**WHAT TO PRODUCE:** When the string "List" is part of a line in the data below, report the whole line.

Stored data entries:
Segment Open
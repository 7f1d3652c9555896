-- ===== src/Osd/Frame/Drawn.antt =====
-- Which bytes the pictures of the mark whiten.
use jrtplib4android.Prelude.{
  ℕ, zero, suc, ◌+◌, ◌*◌, ◌<◌, ◌≤◌, ◌≡◌, ◌≢◌, refl, sym, ap, ◌∙◌, ◌⊎◌, inl, inr, some, List, arith,
  length, get_elem?, take, drop,
}
use jrtplib4android.Prelude.Bytes.{slice-in, length-slice, get_elem?-slice, get_elem?-some}
use jrtplib4android.Osd.Frame.{draw_picture}
use jrtplib4android.Osd.Frame.Mark.{Draws, Draws-both, Draws-iff, RowPoint, row-Draws}

-- The points of a picture of `rows` rows that are set, as places in the frame.
abbrev pub PicturePoint : (rows : ℕ) → List ℕ → (frame at q : ℕ) → Type 0
PicturePoint rows points frame at q =
    (j k p : ℕ) × (j < rows)
    × (k < 17)
    × (get_elem? points (j * 17 + k) ≡ some p)
    × (p ≢ 0)
    × (q ≡ at + j * frame + k)

pub picture-Draws :
    (rows : ℕ) (points : List ℕ) (frame at : ℕ) (dest : List ℕ)
    → rows * 17 ≤ length points
    → ((j : ℕ) → j < rows → at + j * frame + 17 ≤ length dest)
    → (e : List ℕ) × (draw_picture rows points frame at dest ≡ some e)
      × Draws (PicturePoint rows points frame at) dest e
unfolding draw_picture
picture-Draws zero points frame at dest all room = (
  dest,
  refl,
  record {
    same_size = refl;
    white = λ q w. let (j, k, p, hj, hk, there, n, e) = w in absurd (omega arith);
    other = λ q. inr refl;
  },
)
picture-Draws (suc rows) points frame at dest all room =
    let row : List ℕ = take 17 (drop 0 points) in
    let below : List ℕ = take (rows * 17) (drop 17 points) in
    let row_size : length row ≡ 17 = length-slice points 0 17 (omega arith) in
    let below_size : length below ≡ rows * 17 = length-slice points 17 (rows * 17) (omega arith) in
    let (d, ran, first) = row-Draws row at dest (omega (arith, row_size, room 0 (omega arith))) in
    let (e, rest, more) =
      picture-Draws rows below frame (at + frame) d (omega (arith, below_size))
        (λ j hj. omega (arith, first.same_size, room (suc j) (omega arith), next_row j frame)) in
    (
      e,
      rw (slice-in points 0 17 (omega arith), ran, slice-in points 17 (rows * 17) (omega arith))
          rest,
      Draws-iff (λ q. RowPoint row at q ⊎ PicturePoint rows below frame (at + frame) q)
          (PicturePoint (suc rows) points frame at) dest e to from
          (Draws-both (RowPoint row at) (PicturePoint rows below frame (at + frame)) dest d e first
            more),
    )
  where
    next_row : (j n : ℕ) → suc j * n ≡ n + j * n
    next_row j n = grind arith

    to :
        (q : ℕ)
        → RowPoint (take 17 (drop 0 points)) at q
          ⊎ PicturePoint rows (take (rows * 17) (drop 17 points)) frame (at + frame) q
        → PicturePoint (suc rows) points frame at q
    to q (inl (k, p, there, n, e)) =
        let small : k < 17 = omega (
          arith,
          get_elem?-some (take 17 (drop 0 points)) k p there,
          length-slice points 0 17 (omega arith),
        ) in
        (
          0,
          k,
          p,
          omega arith,
          small,
          sym (get_elem?-slice points 0 17 k (omega arith) small) ∙ there,
          n,
          omega arith,
        )
    to q (inr (j, k, p, hj, hk, there, n, e)) =
        let place : suc j * 17 + k ≡ 17 + (j * 17 + k) = omega arith in
        (
          suc j,
          k,
          p,
          omega arith,
          hk,
          ap (λ i. get_elem? points i) place
              ∙ (sym
                    (get_elem?-slice points 17 (rows * 17) (j * 17 + k) (omega arith) (omega arith))
                  ∙ there),
          n,
          omega (arith, next_row j frame),
        )

    from :
        (q : ℕ)
        → PicturePoint (suc rows) points frame at q
        → RowPoint (take 17 (drop 0 points)) at q
          ⊎ PicturePoint rows (take (rows * 17) (drop 17 points)) frame (at + frame) q
    from q (zero, k, p, hj, hk, there, n, e) =
        inl (k, p, get_elem?-slice points 0 17 k (omega arith) hk ∙ there, n, omega arith)
    from q (suc j, k, p, hj, hk, there, n, e) =
        let place : 17 + (j * 17 + k) ≡ suc j * 17 + k = omega arith in
        inr (
          j,
          k,
          p,
          omega arith,
          hk,
          get_elem?-slice points 17 (rows * 17) (j * 17 + k) (omega arith) (omega arith)
              ∙ (ap (λ i. get_elem? points i) place ∙ there),
          n,
          omega (arith, next_row j frame),
        )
Segment Closed
**ANSWER AREA:**
  ℕ, zero, suc, ◌+◌, ◌*◌, ◌<◌, ◌≤◌, ◌≡◌, ◌≢◌, refl, sym, ap, ◌∙◌, ◌⊎◌, inl, inr, some, List, arith,
abbrev pub PicturePoint : (rows : ℕ) → List ℕ → (frame at q : ℕ) → Type 0
    (rows : ℕ) (points : List ℕ) (frame at : ℕ) (dest : List ℕ)
    → (e : List ℕ) × (draw_picture rows points frame at dest ≡ some e)
    let row : List ℕ = take 17 (drop 0 points) in
    let below : List ℕ = take (rows * 17) (drop 17 points) in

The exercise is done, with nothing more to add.